# Family Travelling The World. Are You Following Them?



## Mooney72 (Dec 22, 2018)




----------



## Laela (Dec 22, 2018)

This is homeschooling, leveled up! lol Those pix are amazing....are they  traveling with  a photog? May God continue to protect and keep them safe during their travels. Lovely  family


----------



## intellectualuva (Dec 22, 2018)

I love this. I am SO glad to see more black families going off to make the world their classroom. What an amazing experience for their kids who are old enough to remember all of this.


----------



## intellectualuva (Dec 22, 2018)

And yes I would go. If these were family members, I'd likely meet them in a few places that interested me.


----------



## sunnieb (Dec 22, 2018)

Love it! Those kids are getting the best education ever!

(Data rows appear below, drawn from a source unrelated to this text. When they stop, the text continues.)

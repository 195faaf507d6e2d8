-- ===== src/Stack/Accept.antt =====
-- crates/clash-tun/src/stack.rs, lines 300 to 352 and 380 to 395, and the blocked resolvers of
-- crates/clash-core/src/dns.rs: what is done with a connection that the listener accepts. The
-- resolver of the outbound dialer is the argument `resolve`. The dialing itself and the copying are
-- not part of it; the answer says what is dialed.
use rust_clash.Common.{
  ℕ, ◌+◌, ◌*◌, ◌^◌, Bool, false, ◌&&◌, ◌||◌, Option, none, some, List, [], ◌∷◌, ◌++◌, map, ◌==◌,
  if◌then◌else◌, contains, nat_eq,
}
use rust_clash.Net.{Ipv4Addr, IpAddr}
use rust_clash.Text.{Str}
use rust_clash.Decimal.{to_string}
use rust_clash.TtlLru.{Entry}
use rust_clash.TcpNat.{lookup_back_inner}
use rust_clash.FakeIp.{lookback, is_fake_ip_v4}
use rust_clash.Rules.{RuleAction, RuleDb, match_domain, action_for_ip}
use rust_clash.Stack.{Stack, with_gate}

-- `u32::from_be_bytes` of the octets.
abbrev pub word_of : Ipv4Addr → ℕ
word_of ip = ip.a * 2 ^ 24 + ip.b * 2 ^ 16 + ip.c * 2 ^ 8 + ip.d

ip : ℕ → ℕ → ℕ → ℕ → Ipv4Addr
ip a b c d = record { a = a; b = b; c = c; d = d }

-- The addresses that `DohBlocklist::new` parses.
unfoldable pub doh_hosts : List Ipv4Addr
unfolding ip
doh_hosts =
    ip 1 1 1 1
    ∷ ip 1 0 0 1
    ∷ ip 8 8 8 8
    ∷ ip 8 8 4 4
    ∷ ip 9 9 9 9
    ∷ ip 149 112 112 112
    ∷ ip 208 67 222 222
    ∷ ip 208 67 220 220
    ∷ ip 94 140 14 14
    ∷ ip 94 140 15 15
    ∷ ip 1 12 12 12
    ∷ ip 120 53 53 53
    ∷ ip 223 5 5 5
    ∷ ip 223 6 6 6
    ∷ ip 76 76 21 21
    ∷ ip 185 222 222 222
    ∷ ip 45 90 28 167
    ∷ ip 45 90 30 167
    ∷ []

unfoldable pub is_blocked : IpAddr → Bool
unfolding doh_hosts contains
is_blocked (IpAddr.v4 v) = contains (word_of v) (map word_of doh_hosts)
is_blocked (IpAddr.v6 v) = false

-- What becomes of the connection: it is closed, it is served as DNS over TCP, a target is dialed
-- directly or through the proxy, or the name of the target was not resolved.
pub data Served : Type 0 where
  closed : Served
  dns_over_tcp : Served
  direct : Str → Served
  unresolved : Served
  proxied : Str → Served

-- `format!("{host}:{port}")`, and an address as `Display` writes it.
abbrev pub host_port : Str → ℕ → Str
host_port host port = host ++ (b':' ∷ to_string port)

abbrev pub ip_to_string : Ipv4Addr → Str
ip_to_string ip =
    to_string ip.a
    ++ (b'.' ∷ (to_string ip.b ++ (b'.' ∷ (to_string ip.c ++ (b'.' ∷ to_string ip.d)))))

unfoldable pub dial_direct : (Str → Option Ipv4Addr) → Option Str → Ipv4Addr → ℕ → Served
unfolding is_fake_ip_v4
dial_direct resolve host dst_ip dst_port =
    let plain = Served.direct (host_port (ip_to_string dst_ip) dst_port) in
    elim host [
      | none ↦ plain
      | some h ↦
          if is_fake_ip_v4 dst_ip
          then elim (resolve h) [
            | none ↦ Served.unresolved
            | some real ↦ Served.direct (host_port (ip_to_string real) dst_port)
          ]
          else plain
    ]

-- The `match` on the rule's decision.
unfoldable pub serve : (Str → Option Ipv4Addr) → RuleAction → Option Str → Ipv4Addr → ℕ → Served
unfolding dial_direct
serve resolve RuleAction.reject host dst_ip dst_port = Served.closed
serve resolve RuleAction.direct host dst_ip dst_port = dial_direct resolve host dst_ip dst_port
serve resolve RuleAction.proxy host dst_ip dst_port = elim host [
  | none ↦ Served.proxied (host_port (ip_to_string dst_ip) dst_port)
  | some h ↦ Served.proxied (host_port h dst_port)
]

-- The times that the rules' cache reads.
pub record Clock : Type 0 where
  pub seen : ℕ
  pub now : ℕ
  pub later : ℕ

module _ (parse_ip : Str → Option IpAddr) (idna : Str → Option Str)
    (keys : List (Str × Entry RuleAction) → List Str) (resolve : Str → Option Ipv4Addr) where
  -- The decision for a destination with the host that its address stands for.
  unfoldable pub route : Clock → Option Str → Ipv4Addr → ℕ → RuleDb → Served × RuleDb
  unfolding match_domain action_for_ip serve is_fake_ip_v4
  route clock host dst_ip dst_port rules = elim host [
    | none ↦
        if is_fake_ip_v4 dst_ip
        then (Served.closed, rules)
        else (serve resolve (action_for_ip (IpAddr.v4 dst_ip)) none dst_ip dst_port, rules)
    | some h ↦
        let (action, rules') =
          match_domain parse_ip idna keys clock.seen clock.now clock.later rules h in
        (serve resolve action (some h) dst_ip dst_port, rules')
  ]

  -- `handle_accepted`, at the time `now`, for a connection from `port` that is `stale` when the
  -- generation has changed since or its relay is cancelled.
  unfoldable pub handle_accepted : ℕ → Clock → Bool → ℕ → Stack → RuleDb → Served × Stack × RuleDb
  unfolding lookup_back_inner lookback is_blocked route
  handle_accepted now clock stale port s rules =
      let (found, g) = lookup_back_inner now port s.nat.gate in
      elim found [
        | none ↦ (Served.closed, with_gate g s, rules)
        | some (source, dest) ↦
            let (host, pool) = lookback dest.ip s.fake_ip in
            let (served, rules') = route clock host dest.ip dest.port rules in
            let looked = record (with_gate g s) { fake_ip = pool } in
            if stale
            then (Served.closed, with_gate g s, rules)
            else if dest.port == 53
            then (Served.dns_over_tcp, with_gate g s, rules)
            else if (dest.port == 443 || dest.port == 853) && is_blocked (IpAddr.v4 dest.ip)
            then (Served.closed, with_gate g s, rules)
            else (served, looked, rules')
      ]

How are they funding this? I'm sure more families would like to do this. Even on a smaller scale.


----------



## Mooney72 (Dec 22, 2018)

sunnieb said:


> Love it! Those kids are getting the best education ever!
> 
> How are they funding this? I'm sure more families would like to do this. Even on a smaller scale.



https://www.comicsands.com/family-d...K&tse_id=INF_17b48920ff0f11e8b433ab68d22425b2

According to that article, they sold all non-essentials and run their marketing business remotely to keep cash coming in. I'm sure they have sold their story and have some advertising dollars on their blog, too.


----------



## intellectualuva (Dec 22, 2018)

Mooney72 said:


> https://www.comicsands.com/family-d...K&tse_id=INF_17b48920ff0f11e8b433ab68d22425b2
> 
> According to that article, they sold all non-essentials and run their marketing business remotely to keep cash coming in. I'm sure they have sold their story and have some advertising dollars on their blog, too.



That's how most of these families are doing it and I think its wonderful. My original comment included black people selling their stuff to fund it, but I changed it because I didnt want to assume in case they were of the few who didnt sell much, rented out their house, put their stuff in storage and had really high paying jobs with a ton of cushion etc. There is another black family, only 1 child I think, who is doing something similar that didnt sell much. 

I think either method is perfectly fine and amazing. I also am glad to hear that they've continued to earn a living while having an adventure of a lifetime.

Just


----------



## SoopremeBeing (Dec 23, 2018)

I would definitely do this if I had the funds.


----------